Resource requirements
System Requirements
-
Compute and memory: We recommend allocating ~3.5 cores and ~21GB RAM for a typical setup. This may change based on the deployment size and the number of monitored workloads.
-
Persistent Volume 128GB+ for durable stats storage. This is used for storing and querying historical stats data. This is optional to setup, and as an alternative the data can be stored on ephemeral pod storage. Data on ephemeral storage is not available if the prometheus pod is recycled.
Access requirements
-
Access to the namespace to apply the different kubernetes objects such as Roles, Rolebinding, Deployment, Statefulset, Service, Configmap
-
For collecting CPU / Memory information we need stats information from kubelet. For this you need to provide federation connection details [platform prometheus URL and access details] from the design above, and add them into IB prometheus configuration.
-
We use service discovery to identify the targets for stats collection. Following roles / bindings [refer: Role-based Access Control] are required to be granted to the serviceaccount that runs the IB-prometheus service
apiVersion: rbac.authorization.k8s.io/v1
kind: Role
metadata:
labels:
app: prometheus
namespace: ib-namespace
name: role-ib-prometheus
rules:
- apiGroups:
- ""
resources:
- services
- endpoints
- pods
- configmaps
verbs:
- get
- list
- watch
---
apiVersion: rbac.authorization.k8s.io/v1
kind: RoleBinding
metadata:
labels:
app: prometheus
name: rolebinding-ib-prometheus
namespace: ib-namespace
subjects:
- kind: ServiceAccount
name: ibprom
namespace: ib-namespace
roleRef:
apiGroup: rbac.authorization.k8s.io
kind: Role
- To enable service discovery, IB-Prometheus makes HTTP (GET) calls to the kubernetes api-server using following files mounted in the pod for authentication -
/var/run/secrets/kubernetes.io/serviceaccount/namespace
/var/run/secrets/kubernetes.io/serviceaccount/token
/var/run/secrets/kubernetes.io/serviceaccount/ca.crt
- Additionally the kube-state-metrics needs following roles/bindings [refer: Role-based Access Control] in order to read kubernetes object states -
apiVersion: rbac.authorization.k8s.io/v1
kind: Role
metadata:
labels:
app: kube-state-metrics
name: instabase-kube-state-metrics
namespace: ib-namespace
rules:
- apiGroups: [""]
resources:
- configmaps
- endpoints
- limitranges
- persistentvolumeclaims
- pods
- replicationcontrollers
- secrets
- resourcequotas
- services
verbs: ["list", "watch"]
- apiGroups: ["batch"]
resources:
- cronjobs
- jobs
verbs: ["list", "watch"]
- apiGroups: ["extensions", "apps"]
resources:
- daemonsets
- deployments
verbs: ["list", "watch"]
- apiGroups: ["autoscaling"]
resources:
- horizontalpodautoscalers
verbs: ["list", "watch"]
- apiGroups: ["extensions", "networking.k8s.io"]
resources:
- ingresses
verbs: ["list", "watch"]
- apiGroups: ["networking.k8s.io"]
resources:
- networkpolicies
verbs: ["list", "watch"]
- apiGroups: ["policy"]
resources:
- poddisruptionbudgets
verbs: ["list", "watch"]
- apiGroups: ["extensions", "apps"]
resources:
- replicasets
verbs: ["list", "watch"]
- apiGroups: ["apps"]
resources:
- statefulsets
verbs: ["list", "watch"]
- apiGroups: ["storage.k8s.io"]
resources:
- volumeattachments
verbs: ["list", "watch"]
---
apiVersion: rbac.authorization.k8s.io/v1
kind: RoleBinding
metadata:
labels:
app: kube-state-metrics
name: instabase-kube-state-metrics
namespace: ib-namespace
roleRef:
apiGroup: rbac.authorization.k8s.io
kind: Role
name: instabase-kube-state-metrics
subjects:
- kind: ServiceAccount
name: {{service_account}}
namespace: ib-namespace
Install stats
-
Create service accounts, roles and rolebindings for prometheus based on the files provided to you.
-
Apply the configmaps, deployment and services files shared with you.
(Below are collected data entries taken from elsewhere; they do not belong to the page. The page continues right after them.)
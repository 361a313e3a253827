-- ===== src/Utils/Heap/Extract.antt =====
-- HeapPop takes the lightest node out of a heap.
use kernelpanic.Common.{
  ℕ, zero, suc, ◌+◌, ◌-◌, ◌*◌, ◌/◌, ◌^◌, ◌≤◌, ◌<◌, ◌≡◌, refl, sym, ap, ◌∙◌, subst, ◌≢◌, ◌⊎◌, inl,
  inr, false, Option, none, some, arith, ltb, ◌==◌, Bool-cases, ltb→lt, eqb→eq, eqb→ne,
}
use kernelpanic.Common.Outcome.{Outcome, ok, ◌>>=◌}
use kernelpanic.Utils.Heap.{
  Nodes, Heap, deref, is_null, detach, replace, percolate_down, pop_from, pop,
}
use mathlib.Core.Option.{map}
use kernelpanic.Utils.Heap.Find.{find_element_lem}
use kernelpanic.Utils.Heap.Order.{Places, Ordered}
use kernelpanic.Utils.Heap.Sink.{OrderedAbove, Sunk, percolate_down_lem, in_heap}
use kernelpanic.Utils.Heap.Tail.{
  detach-weight, replace-weight, tail_first, cut_first, cut_kept, cut_no_more, cut-Places,
  cut-OrderedAbove,
}
use kernelpanic.Utils.Heap.Add.{IsHeap, none-ne-some, some-inj}

-- What HeapPop does with a heap whose head is r.
pub record Popped (r : ℕ) (at : ℕ → Option ℕ) (h : Heap) (done : Outcome (Option (Option ℕ × Heap)))
    : Type 0 where
  pub last : ℕ → Option ℕ
  pub heap : Heap
  pub returns : done ≡ ok (some (some r, heap))
  pub is_heap : IsHeap last heap
  pub size : heap.size + 1 ≡ h.size
  pub lightest : (m j : ℕ) → at m ≡ some j → h.nodes.weight r ≤ h.nodes.weight j
  pub kept : (m j : ℕ) → at m ≡ some j → (j ≡ r) ⊎ ((n : ℕ) × (last n ≡ some j))
  pub no_more : (m j : ℕ) → last m ≡ some j → (j ≢ r) × ((n : ℕ) × (at n ≡ some j))
  pub weights : heap.nodes.weight ≡ h.nodes.weight

-- The head is no heavier than any node.
head_lightest :
    (fuel n : ℕ) (at : ℕ → Option ℕ) (s : Nodes) (r m j : ℕ)
    → Places n at s
    → Ordered at s.weight
    → at 1 ≡ some r
    → m ≤ fuel
    → at m ≡ some j
    → s.weight r ≤ s.weight j
head_lightest zero n at s r m j v o top f h =
    absurd (none-ne-some (sym (ap at (zero_of m f) ∙ v.linked.none_at) ∙ h))
  where
    zero_of : (m : ℕ) → m ≤ 0 → m ≡ 0
    zero_of m f = omega arith
head_lightest (suc fuel) n at s r m j v o top f h = elim (Bool-cases (ltb m 2)) [
  | inl e ↦ elim (Bool-cases (m == 0)) [
    | inl z ↦ absurd (none-ne-some (sym (ap at (eqb→eq m 0 z) ∙ v.linked.none_at) ∙ h))
    | inr nz ↦
        let one : m ≡ 1 = omega (arith, ltb→lt m 2 e, eqb→ne m 0 nz) in
        omega (arith, ap s.weight (some-inj (sym h ∙ ap at one ∙ top)))
  ]
  | inr e ↦
      let two : 2 ≤ m = ground arith in
      let inside = in_heap m j v h in
      let (p, up) = v.filled (m / 2) (omega arith) (omega arith) in
      omega
        (arith, o m two j p h up, head_lightest fuel n at s r (m / 2) p v o top (omega arith) up)
]

-- HeapPop, when tail is at the end of the heap.
tail_found :
    (at : ℕ → Option ℕ) (h : Heap) (t : ℕ) (ended : Option (ℕ × Heap))
    → IsHeap at h
    → 1 ≤ h.size
    → h.size < 2 ^ 31
    → at h.size ≡ some t
    → pop_from t h ≡ ok ended
    → pop h ≡ ok (map (λ p. (some p.0, p.1)) ended)
unfolding pop deref
tail_found at h t ended heap low small at_n e =
    let some_left : (h.size == 0) ≡ false = ground arith in
    let found =
      find_element_lem at h h.size h.size heap.places.linked heap.places.filled heap.head low small
        (omega arith) (omega arith) in
    let no_left : h.nodes.left t ≡ none =
      heap.places.linked.left h.size t at_n ∙ heap.places.beyond (2 * h.size) (omega arith) in
    let no_right : h.nodes.right t ≡ none =
      heap.places.linked.right h.size t at_n ∙ heap.places.beyond (2 * h.size + 1) (omega arith) in
    rw (pop, some_left) (rw (found, at_n) (rw (no_left, no_right) (unfold is_null in rw e refl)))

-- HeapPop of the only node.
pop_only :
    (at : ℕ → Option ℕ) (h : Heap) (r : ℕ)
    → IsHeap at h
    → at 1 ≡ some r
    → h.size ≡ 1
    → Popped r at h (pop h)
pop_only at h r heap top one = record {
  last = λ m. none;
  heap = record { head = none; size = 0; nodes = h.nodes };
  returns =
      tail_found at h r (some (r, record { head = none; size = 0; nodes = h.nodes })) heap
        (omega (arith, one)) (omega (arith, one)) (ap at one ∙ top)
        (unfold pop_from in rw (alone, pop_from) refl);
  is_heap = record {
    places = record {
      linked = record {
        none_at = refl;
        once = λ m n j a b. absurd (none-ne-some a);
        left = λ m j a. absurd (none-ne-some a);
        right = λ m j a. absurd (none-ne-some a);
        parent = λ m j a. absurd (none-ne-some a);
      };
      filled = λ m a b. absurd (omega arith);
      beyond = λ m b. refl;
    };
    ordered = λ m two a b ha hb. absurd (none-ne-some ha);
    head = refl;
  };
  size = sym one;
  lightest = λ m j here.
      head_lightest m h.size at h.nodes r m j heap.places heap.ordered top (omega arith) here;
  kept = λ m j here. inl (only m j here);
  no_more = λ m j a. absurd (none-ne-some a);
  weights = refl;
}
  where
    alone : h.nodes.parent r ≡ none
    alone = heap.places.linked.parent 1 r top ∙ heap.places.linked.none_at

    only : (m j : ℕ) → at m ≡ some j → j ≡ r
    only m j here = elim (Bool-cases (m == 0)) [
      | inl z ↦
          absurd (none-ne-some (sym (ap at (eqb→eq m 0 z) ∙ heap.places.linked.none_at) ∙ here))
      | inr nz ↦
          let inside = in_heap m j heap.places here in
          let first : m ≡ 1 = omega (arith, eqb→ne m 0 nz, inside, one) in
          some-inj (sym here ∙ ap at first ∙ top)
    ]

-- HeapPop of one node of several.
pop_several :
    (at : ℕ → Option ℕ) (h : Heap) (r t p : ℕ)
    → IsHeap at h
    → at 1 ≡ some r
    → 2 ≤ h.size
    → h.size < 2 ^ 31
    → at h.size ≡ some t
    → at (h.size / 2) ≡ some p
    → (done : Outcome (Option Heap))
    → (v : Sunk
        (h.size - 1)
        (tail_first at h.size t)
        (record { head = some t; size = h.size - 1; nodes = replace r t (detach p t h.nodes) })
        done)
    → pop_from t h ≡ (done >>= λ d. ok (map (λ h'. (r, h')) d))
    → Popped r at h (pop h)
pop_several at h r t p heap top two small at_n at_q done v e = record {
  last = v.last;
  heap = v.heap;
  returns =
      tail_found at h t (some (r, v.heap)) heap (omega arith) small at_n (e ∙ rw v.returns refl);
  is_heap = record {
    places = subst (λ n. Places n v.last v.heap.nodes) (sym v.size) v.places;
    ordered = subst (Ordered v.last) (sym v.same_weight) v.ordered;
    head = v.head;
  };
  size = omega (arith, v.size);
  lightest = λ m j here.
      head_lightest m h.size at h.nodes r m j heap.places heap.ordered top (omega arith) here;
  kept = λ m j here. elim (cut_kept r t p heap.places two top at_n at_q m j here) [
    | inl first ↦ inl first
    | inr (x, there) ↦ inr (v.moved.kept x j there)
  ];
  no_more = λ m j here.
      let (x, there) = v.moved.no_more m j here in
      cut_no_more r t p heap.places two top at_n at_q x j there;
  weights = v.same_weight ∙ replace-weight r t (detach p t h.nodes) ∙ detach-weight p t h.nodes;
}

-- The run of the loop.
pop_last :
    (at : ℕ → Option ℕ) (h : Heap) (r t p : ℕ)
    → IsHeap at h
    → h.head ≡ some r
    → ((j : ℕ) → h.nodes.weight j < 2 ^ 64)
    → at 1 ≡ some r
    → 2 ≤ h.size
    → h.size < 2 ^ 31
    → at h.size ≡ some t
    → at (h.size / 2) ≡ some p
    → Popped r at h (pop h)
pop_last at h r t p heap head bound top two small at_n at_q =
    let same = replace-weight r t (detach p t h.nodes) ∙ detach-weight p t h.nodes in
    let raised : Heap = record {
      head = some t;
      size = h.size - 1;
      nodes = replace r t (detach p t h.nodes);
    } in
    pop_several at h r t p heap top two small at_n at_q (percolate_down h.size t raised)
      (percolate_down_lem h.size (h.size - 1) (tail_first at h.size t) raised 1 t
        (cut-Places r t p heap.places two top at_n at_q)
        (sym (cut_first r t p heap.places two top at_n at_q))
        (subst (OrderedAbove 1 (tail_first at h.size t)) (sym same)
          (cut-OrderedAbove r t p heap.places two top at_n at_q h.nodes.weight heap.ordered))
        (subst (λ (w : ℕ → ℕ). (j : ℕ) → w j < 2 ^ 64) (sym same) bound)
        (cut_first r t p heap.places two top at_n at_q) (omega arith) (omega arith))
      (unfold pop_from deref in rw (up, pop_from) (rw head refl))
  where
    up : h.nodes.parent t ≡ some p
    up = heap.places.linked.parent h.size t at_n ∙ at_q

-- HeapPop of a heap that is not empty, of fewer than 2 ^ 31 nodes, whose weights are below
-- 2 ^ 64, fails no check, ends within its fuel, and returns the head, than which no node is lighter. It leaves a heap of the other nodes, in
-- order, with the weights as they were.
pub pop_lem :
    (at : ℕ → Option ℕ) (h : Heap) (r : ℕ)
    → IsHeap at h
    → h.head ≡ some r
    → h.size < 2 ^ 31
    → ((j : ℕ) → h.nodes.weight j < 2 ^ 64)
    → Popped r at h (pop h)
pop_lem at h r heap head small bound =
    let top = sym heap.head ∙ head in
    let inside = in_heap 1 r heap.places top in
    elim (Bool-cases (h.size == 1)) [
      | inl e ↦ pop_only at h r heap top (eqb→eq h.size 1 e)
      | inr e ↦
          let two : 2 ≤ h.size = omega (arith, eqb→ne h.size 1 e) in
          let (t, at_n) = heap.places.filled h.size (omega arith) (omega arith) in
          let (p, at_q) = heap.places.filled (h.size / 2) (omega arith) (omega arith) in
          pop_last at h r t p heap head bound top two small at_n at_q
    ]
For setting up federation add the url and authentication details (if applicable) to Prometheus configmap file for the “job_name: ‘federate”.
-
Confirm that the following links are accessible via IB base urls. The login credentials for these are shared separately with Instabase
- Grafana: <base_url>/grafana
- Prometheus: <base_url>/prometheus/graph
- Alertmanager: <base_url>/alertmanager
-
Confirm that the datasources are available in Prometheus by navigating to status > targets in Prometheus UI.
-
Confirm that alerts are also available in the alerting UI by confirming for the dummy watchdog alert in the following screenshot.
-
Confirm that the data is available in grafana dashboards.